David Hill is a retired statistician, member of ERS Council and Chairman of its Technical Committee.

The Meek system and the Warren system for counting an STV election are very similar, but whereas the fractions of a vote retained by successive elected candidates are multiplicative under Meek, they are additive under Warren. For example, if candidate A is keeping 1/2 of everything received and candidate B is keeping 1/3, a vote reading AB... will, under Meek, give 1/2 of a vote to A and 1/6 of a vote to B (i.e. 1/3 of the remaining 1/2), leaving 1/3 of a vote to be passed on further. With those same fractions under Warren, a similar vote will give 1/2 of a vote to A and 1/3 of a vote to B, leaving 1/6 of a vote to be passed on further. (It should be noted, though, that in any actual case the fractions will not usually be the same under the two systems). The Warren system will often lead to the situation where not enough vote remains for the fraction required; in such a case all that remains is taken and nothing remains to go any further.

There is no difference in the ease of writing a computer program to satisfy the one system or the other; the choice can be made solely on which is regarded as better in principle. It should also be reported that in real examples of STV elections, as distinct from artificially constructed examples, no case has yet been found where the two elect a different set of candidates, so the difference for real life seems to be slight.

There has been much argument over which system is to be preferred. In the end, we have settled on a particular example which demonstrates that each system can be said to suffer from a difficulty that the other one solves. It must therefore be a matter of judgement which difficulty is regarded as the more serious, rather than a firm decision of one always being better than the other.

The Meek rationale is that all transfers from a surplus should be in proportion to the 'votes-worth' put into that surplus. Thus 5 identical votes, each of current value 1/5, should have the identical effect to that of 1 complete vote for the same preferences. The Warren rationale is that no voter should be allowed to influence the election of an additional candidate until having contributed as much as any other voter to the election of each candidate who has already been elected and is named earlier in the voter's preferences. Thus the 5, each of value 1/5, are to be treated as 5, not as the equivalent of 1.

The example that shows the differences has 5 candidates for 3 seats and 32 votes, leading to a quota of 8.0. The votes are:

12 ABC, 12 BE, 7 C, 1 D.Meek supporters can point out the Warren anomaly that A and B each had a substantial surplus on the first count, yet the 12 ABC votes are given by the Warren system entirely to A and B and, in consequence, C fails to get the 1 extra vote needed for election and E takes the third seat. Under Meek, C easily beats E.

Warren supporters can point out the Meek anomaly that if the 12 ABC voters had voted BAC instead, the Meek system would have behaved exactly like the Warren system, and E would have beaten C. It seems illogical that the choice of C or E should depend upon the ordering by those 12 voters as ABC or BAC when A and B were both elected anyway.

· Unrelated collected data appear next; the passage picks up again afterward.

-- ===== src/Portal/Ownership/Reassign.antt =====
-- portal_tenant_ownership.py: what a reassignment changes.
use yclients_project.Prelude.{
  ℕ, ◌≡◌, ◌≢◌, refl, sym, subst, map, is_empty, Bool, true, false, not, none, some, List, [], ◌∷◌,
  arith, inl, inr, ◌==◌, elem, IsIn, Bool-cases, Option-cases,
}
use yclients_project.Prelude.Rows.{IsIn-select}
use yclients_project.Auth.Tenancy.{Branch}
use yclients_project.Portal.Ownership.{
  give, owner_in, Tenants, Link, tenant_has_business_users, can_reassign_branch_from_tenant,
  credential_ids, is_stale_link, detach_source_credential_company_links, give_branch,
  reassign_branch_from_admin_only_tenant, tenant_of,
}

module _ (company target : ℕ) where
  give_miss :
      (other : ℕ) (b : Branch)
      → other ≢ company
      → owner_in other (give company target b) ≡ owner_in other b
  unfolding owner_in give
  give_miss other b h = elim (Bool-cases (b.company_id == company)) [
    | inl e ↦ (let miss : (b.company_id == other) ≡ false = ground arith in rw (e, miss) refl)
    | inr e ↦ rw e refl
  ]

  give_hit :
      (b : Branch) (owner : ℕ)
      → owner_in company b ≡ some owner
      → owner_in company (give company target b) ≡ some target
  unfolding owner_in give
  give_hit b owner h = ground arith

  give-none :
      (b : Branch) → owner_in company b ≡ none → owner_in company (give company target b) ≡ none
  unfolding owner_in give
  give-none b h = ground arith

  pub tenant_of_miss :
      (other : ℕ) (branches : List Branch)
      → other ≢ company
      → tenant_of other (map (give company target) branches) ≡ tenant_of other branches
  tenant_of_miss other [] h = refl
  tenant_of_miss other (b ∷ branches) h =
      rw (tenant_of_miss other branches h, give_miss other b h) refl

  tenant_of-none :
      (branches : List Branch)
      → tenant_of company branches ≡ none
      → tenant_of company (map (give company target) branches) ≡ none
  tenant_of-none [] h = refl
  tenant_of-none (b ∷ branches) h = elim (Option-cases (tenant_of company branches)) [
    | inl e ↦ rw (tenant_of-none branches e) (give-none b (rw e at h))
    | inr (here, e) ↦ cc (rw e at h)
  ]

  pub tenant_of_hit :
      (branches : List Branch) (owner : ℕ)
      → tenant_of company branches ≡ some owner
      → tenant_of company (map (give company target) branches) ≡ some target
  tenant_of_hit [] owner h = cc
  tenant_of_hit (b ∷ branches) owner h = elim (Option-cases (tenant_of company branches)) [
    | inl e ↦ rw (tenant_of-none branches e) (give_hit b owner (rw e at h))
    | inr (here, e) ↦ rw (tenant_of_hit branches here e) refl
  ]

pub detach_branches :
    (account company : ℕ) (db : Tenants)
    → (detach_source_credential_company_links account company db).branches ≡ db.branches
unfolding detach_source_credential_company_links
detach_branches account company db = ground arith

empty_elem : (ids : List ℕ) (a : ℕ) → is_empty ids ≡ true → elem a ids ≡ false
empty_elem [] a h = refl
empty_elem (x ∷ ids) a h = cc

-- No credential of the tenant is linked to the company any more.
pub detach_links :
    (account company : ℕ) (db : Tenants) (link : Link)
    → IsIn link (detach_source_credential_company_links account company db).links
    → link.company_id ≡ company
    → elem link.credential_id (credential_ids account db) ≡ false
unfolding detach_source_credential_company_links
detach_links account company db link i e =
    elim (Bool-cases (is_empty (credential_ids account db))) [
      | inl f ↦ empty_elem (credential_ids account db) link.credential_id f
      | inr f ↦
          (let (j, h) =
              IsIn-select (λ l. not (is_stale_link company (credential_ids account db) l)) link
                db.links (rw f at i) in
            ground arith)
    ]

module _ (branch : Branch) (target : ℕ) (db : Tenants) where
  abbrev pub moved : Tenants
  moved = (reassign_branch_from_admin_only_tenant branch target db).0

  abbrev pub detached : Tenants
  detached = detach_source_credential_company_links branch.portal_account_id branch.company_id db

  -- The three ways of the code: the target has the branch, the owner keeps it, it is given away.
  pub data Outcome : Tenants × Bool → Type 0 where
    had : branch.portal_account_id ≡ target → Outcome (db, true)
    kept :
        branch.portal_account_id ≢ target
        → tenant_has_business_users branch.portal_account_id db ≡ true
        → Outcome (db, false)
    gave :
        branch.portal_account_id ≢ target
        → tenant_has_business_users branch.portal_account_id db ≡ false
        → Outcome (give_branch branch.company_id target detached, true)

  eq_had :
      branch.portal_account_id ≡ target
      → reassign_branch_from_admin_only_tenant branch target db ≡ (db, true)
  unfolding reassign_branch_from_admin_only_tenant
  eq_had e = ground arith

  eq_kept :
      branch.portal_account_id ≢ target
      → tenant_has_business_users branch.portal_account_id db ≡ true
      → reassign_branch_from_admin_only_tenant branch target db ≡ (db, false)
  unfolding reassign_branch_from_admin_only_tenant can_reassign_branch_from_tenant
  eq_kept e h = ground arith

  eq_gave :
      branch.portal_account_id ≢ target
      → tenant_has_business_users branch.portal_account_id db ≡ false
      → reassign_branch_from_admin_only_tenant branch target db
        ≡ (give_branch branch.company_id target detached, true)
  unfolding reassign_branch_from_admin_only_tenant can_reassign_branch_from_tenant
  eq_gave e h = ground arith

  pub outcome : Outcome (reassign_branch_from_admin_only_tenant branch target db)
  outcome = elim (Bool-cases (branch.portal_account_id == target)) [
    | inl e ↦
        (let same : branch.portal_account_id ≡ target = ground arith in
          subst Outcome (sym (eq_had same)) (had same))
    | inr e ↦
        (let differs : branch.portal_account_id ≢ target = λ z. ground arith in
          elim (Bool-cases (tenant_has_business_users branch.portal_account_id db)) [
            | inl f ↦ subst Outcome (sym (eq_kept differs f)) (kept differs f)
            | inr f ↦ subst Outcome (sym (eq_gave differs f)) (gave differs f)
          ])
  ]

Deciding between the two systems must therefore remain a matter of personal preference.

It may be of interest to see exactly how each of the two systems would treat this example. Each would note that A and B are both elected on the first count, each having 12 first preferences for a quota of 8.

The Meek system would calculate that A needs to keep 2/3 of everything received whereas B needs to keep 1/2, these fractions being derived so that each of A and B keeps exactly a quota. The 12 ABC votes would be allocated as 2/3 of 12 = 8 to A, 1/2 of the remaining 4 = 2 to B, the remaining 2 to C. The 12 BE votes would be allocated as 1/2 of 12 = 6 to B, the remaining 6 to E. At the next count the current votes would therefore be A 8, B 8, C 9, D 1, E 6. The third seat is thus assigned to C and no more needs to be done.

The Warren system would calculate that A's amount retained needs to be 2/3 and B's 1/3, again derived such that (under the different counting method) each of A and B keeps exactly a quota. The 12 ABC votes would be allocated as 2/3 of 12 = 8 to A, 1/3 of 12 = 4 to B. The 12 BE votes would be allocated as 1/3 of 12 = 4 to B, the remaining 8 to E. At the next count the current votes would therefore be A 8, B 8, C 7, D 1, E 8. The third seat is thus assigned to E and no more needs to be done.